When I get dressed, the main objective is that heterosexual men find me attractive. That's the singular goal of 'looking good.' I don't mind being objectified occasionally.

Which brings me to my rant. What in the living fuck are some women (girls?) thinking when they get dressed in the morning??
I'm not talking about throwing clothes on because you can't very well go to work naked, pulling on jeans and a sweatshirt as you're walking out the door and you barely got your kids dressed so don't anyone expect you to brush your hair, running to the store for milk in a ratty old wife beater and a pair of sweats. I do that, everyone does that, and fuck you in the neck if you want to get all uppity Judgy McJudgerson about that shit. Fuck you directly.

I'm talking about putting together an outfit.

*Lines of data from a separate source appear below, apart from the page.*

-- ===== src/Consensus/Progress/Prevote.antt =====
-- consensus/consensus_state.go: `defaultDoPrevote`, `enterPrevote`, `enterPrevoteWait` and the
-- invariant.
use go_minimal_pbft.Prelude.{◌≡◌, none, some, if◌then◌else◌, arith}
use go_minimal_pbft.Prelude.Int.{◌≤ℤ◌}
use go_minimal_pbft.Messages.{Hash, zero_hash, prevote_type}
use go_minimal_pbft.Interfaces.{Env}
use go_minimal_pbft.Consensus.Monad.{final}
use go_minimal_pbft.Consensus.State.{State}
use go_minimal_pbft.Consensus.Signing.{sign_add_vote}
use go_minimal_pbft.Consensus.Signing.Frame.{Signs, sign_add_vote-Signs}
use go_minimal_pbft.Consensus.Prevote.{do_prevote}

module _ (e : Env) where
  -- The height is the same, and the round is not lower.
  abbrev pub Stays : State e → State e → Type 0
  Stays s t = (t.height ≡ s.height) × (s.round ≤ℤ t.round)

  -- What a node prevotes for: its locked block, else its valid proposal block, else nil.
  unfoldable pub prevote_choice : State e → Hash
  prevote_choice s = elim s.locked_block [
    | some locked ↦ e.hash locked
    | none ↦ elim s.proposal_block [
      | none ↦ zero_hash
      | some block ↦ if e.validate s.chain_state block then e.hash block else zero_hash
    ]
  ]

  pub do_prevote_lem :
      (s : State e) → do_prevote e s ≡ sign_add_vote e prevote_type (prevote_choice s) s
  unfolding do_prevote prevote_choice
  do_prevote_lem s = ground arith

  -- `defaultDoPrevote` signs at most one prevote and changes nothing else but the clock's count:
  -- the prevote is for the locked block wherever there is one, for the proposal block where that
  -- is valid and nothing is locked, and for nil otherwise.
  pub do_prevote-Signs :
      (s : State e) → Signs e prevote_type (prevote_choice s) s (final (do_prevote e s))
  do_prevote-Signs s =
      rw (do_prevote_lem s) (sign_add_vote-Signs e prevote_type (prevote_choice s) s)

Creating an ensemble for the day, looking in the mirror, appraising, thinking, "Yes. THIS is a good choice."
And I know that women follow fashion for the sake of other women. Truly, I get that. But I work with and around the Fashion-Forward-Nineteen-Year-Old set, and I don't understand the objective of dressing like one of the Olsen Twins, or like an American Apparel model. Skinny jeans only look good if you are skinny, and even then, meh, not really. Seriously, I see WAY TOO MANY PEOPLE DRESSED LIKE THIS on a daily basis (go on, click over, I'll wait). I see some incarnation of that fucking headband at least 10 times daily.
What is that? I mean, that is an outfit choice people. That's not just a scrubby throw-together. That's a put-together, looked-in-the-mirror-and-decided-to-leave-the-house out and out look.

I'm not saying that I'm particularly likely to sacrifice comfort for appearance, but I am saying, that if I make an effort my single objective is to look good. That means I want my waist to look small, my tits to look perky, my ass to look cute, and my clothes to fit me right. I just don't understand why anyone makes any effort for any other reason in the world.

20 comments:

  1. I agree with you whole-heartedly. I am the least likely person to make the effort, I work from home and live in pajamas. I do NOT understand the people that ARE making the effort and wear the ugliest shit ever. *I* KNOW I dont look good right now, where as you seem to be blithely unaware of the fact that all of your effort has left you looking like crap.

    Here here, good post. :)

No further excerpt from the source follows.